Use a lifecycle hook to make the change during the creation of the new instance. A lifecycle hook will be the fastest way to implement the change until you are able to create a new AMI.
You have an antiquated piece of software across your Linux virtual machines you are attempting to move away from. Unfortunately, the process of extracting the data from this software is difficult and requires a lot of commands to be run on the command line. The final process of moving away from this software is executing 90 commands on each database server. Which AWS services will make this as painless as possible and easiest to set up?
Use the Systems Manager Run Command feature to run a shell script containing the 90 commands on each database server. Using the Systems Manager Run Command feature to run a shell script on the database servers is the best way to achieve this. You do not need to run commands on all servers
You have built a serverless Node.js application that uses Lambda, S3, and a DynamoDB database. You'd like to log some simple metrics so you can possibly graph them at a later date or analyze the logs for faults or errors. However, you aren't able to install the CloudWatch Logs agent into a Lambda function. What is the easiest solution?
Use the console.log command in Lambda to output your logs straight to CloudWatch Logs. console.log will work perfectly in Lambda and is the easiest way to log directly to CloudWatch Logs.
Your team has developed a web application in the Go programming language. You are now in charge of deploying this application to AWS, and the application is hosted in a Git repository.

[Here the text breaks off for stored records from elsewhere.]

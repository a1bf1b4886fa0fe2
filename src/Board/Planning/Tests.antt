-- ===== src/Board/Planning/Tests.antt =====
-- A run of src/board/cleanup.ts, and its theorem there.
use pi_kiwifs_memory.Prelude.{ℕ, ◌≡◌, refl, max, String, false, Option, none, some, List, [], ◌∷◌}
use pi_kiwifs_memory.Guard.{strip_prefix}
use pi_kiwifs_memory.Board.Path.{
  board_msg_id_of_path, is_message_file, behind_channel, after_board, stem, before_slash,
  after_slash, is_channel, hex_digit, lower_or_digit,
}
use pi_kiwifs_memory.Board.Cleanup.{seconds, settled_long_ago, by_ttl, evaluate_cleanup_candidate}
use pi_kiwifs_memory.Board.Execution.{FreshRead}
use pi_kiwifs_memory.Board.Planning.{
  listed, plan_ok, Plan, planned, item_of, propose, plan_read, plan_path, is_full, plan_paths,
  plan_listing, plan_board_cleanup,
}
use pi_kiwifs_memory.Board.Planning.Planned.{occurrences, IsPlanned, plan_board_cleanup-IsPlanned}

-- A message whose own id is not the one of its path.
abbrev message : FreshRead
message = record {
  read_msg_id = "ffffffffffffffff";
  read_view = record { from = "agent"; created = "1970-01-01"; ttl_seconds = seconds 60 };
  read_etag = none;
}

abbrev paths : List String
paths = "board/general/0123456789abcdef.md" ∷ []

abbrev parse : String → Option ℕ
parse text = some 0

abbrev one_item : Plan
one_item = record {
  items = item_of "board/general/0123456789abcdef.md" message ∷ [];
  left_out = [];
  read_truncated = false;
}

-- It is proposed all the same.
mismatch_proposed :
    plan_board_cleanup parse "agent" 2592070001
      (λ path. plan_ok message)
      (λ id. some 70000)
      200
      500
      (listed paths false)
    ≡ planned one_item false
unfolding plan_board_cleanup plan_listing plan_paths is_full plan_path plan_read propose item_of
    evaluate_cleanup_candidate by_ttl settled_long_ago board_msg_id_of_path is_message_file
    behind_channel after_board stem before_slash after_slash is_channel hex_digit lower_or_digit
    strip_prefix
mismatch_proposed = refl

plan_board_cleanup-IsPlanned_example :
    IsPlanned parse "agent" 2592070001
      (λ path. plan_ok message)
      (λ id. some 70000)
      (max 1 200)
      (max 1 500)
      (λ p. occurrences p paths)
      one_item
plan_board_cleanup-IsPlanned_example =
    plan_board_cleanup-IsPlanned parse "agent" 2592070001 (λ path. plan_ok message)
      (λ id. some 70000) 200 500 paths false one_item mismatch_proposed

Which two are the best options to accomplish this task?
Write a Dockerfile that installs the Go image and grabs the application using Git. Use the Dockerfile to perform the deployment on a new AWS Elastic Beanstalk application. This solution uses Elastic Beanstalk instead of CloudFormation. Knowing the options available and what best fits your teams skillset is crucial. Create an AWS CloudFormation template that creates an instance with the AWS::EC2::Instance resource type and an AMI with Docker pre-installed. With UserData, install Git to download the Go application and then set it up. An AMI with Docker pre-installed is a great choice, and as an added bonus, will speed the installation.
Your organization is running a hybrid cloud environment with servers in AWS and in a local data center. You currently use a cronjob and some Bash scripts to compile your application and push it out to all of your servers via SSH. It's difficult to log, maintain, and extend to new servers when they are provisioned. You've been considering leveraging AWS Developer Tools to host code, build, test, and deploy your applications quickly and effectively. Will it suit your requirements?
Yes, CodeDeploy can deploy to any servers that can run the CodeDeploy agent. You can use CodeDeploy to deploy to both Amazon EC2 instances and on-premises instances. An on-premises instance is any physical device that is not an Amazon EC2 instance that can run the CodeDeploy agent and connect to public AWS service endpoints. You can use CodeDeploy to simultaneously deploy an application to Amazon EC2 instances in the cloud and to desktop PCs in your office or servers in your own data center.
You want to use Jenkins as the build provider in your CI/CD pipeline. Is this possible, and if so how would you implement it?
Yes, it's possible. You can use a CodePipeline plugin for Jenkins and configure a build stage that connects to your Jenkins instance. Using a CodePipeline plugin for Jenkins and configuring a build stage that connects to your Jenkins instance is one of the ways to implement this. Yes, it's possible. CodePipeline will let you select Jenkins as a build provider when you are creating your pipeline. You can connect a Jenkins instance as a build provider for pipelines in your AWS account. Before you connect your Jenkins instance, you need to set up the AWS CodePipeline plugin for Jenkins and configure it for your project.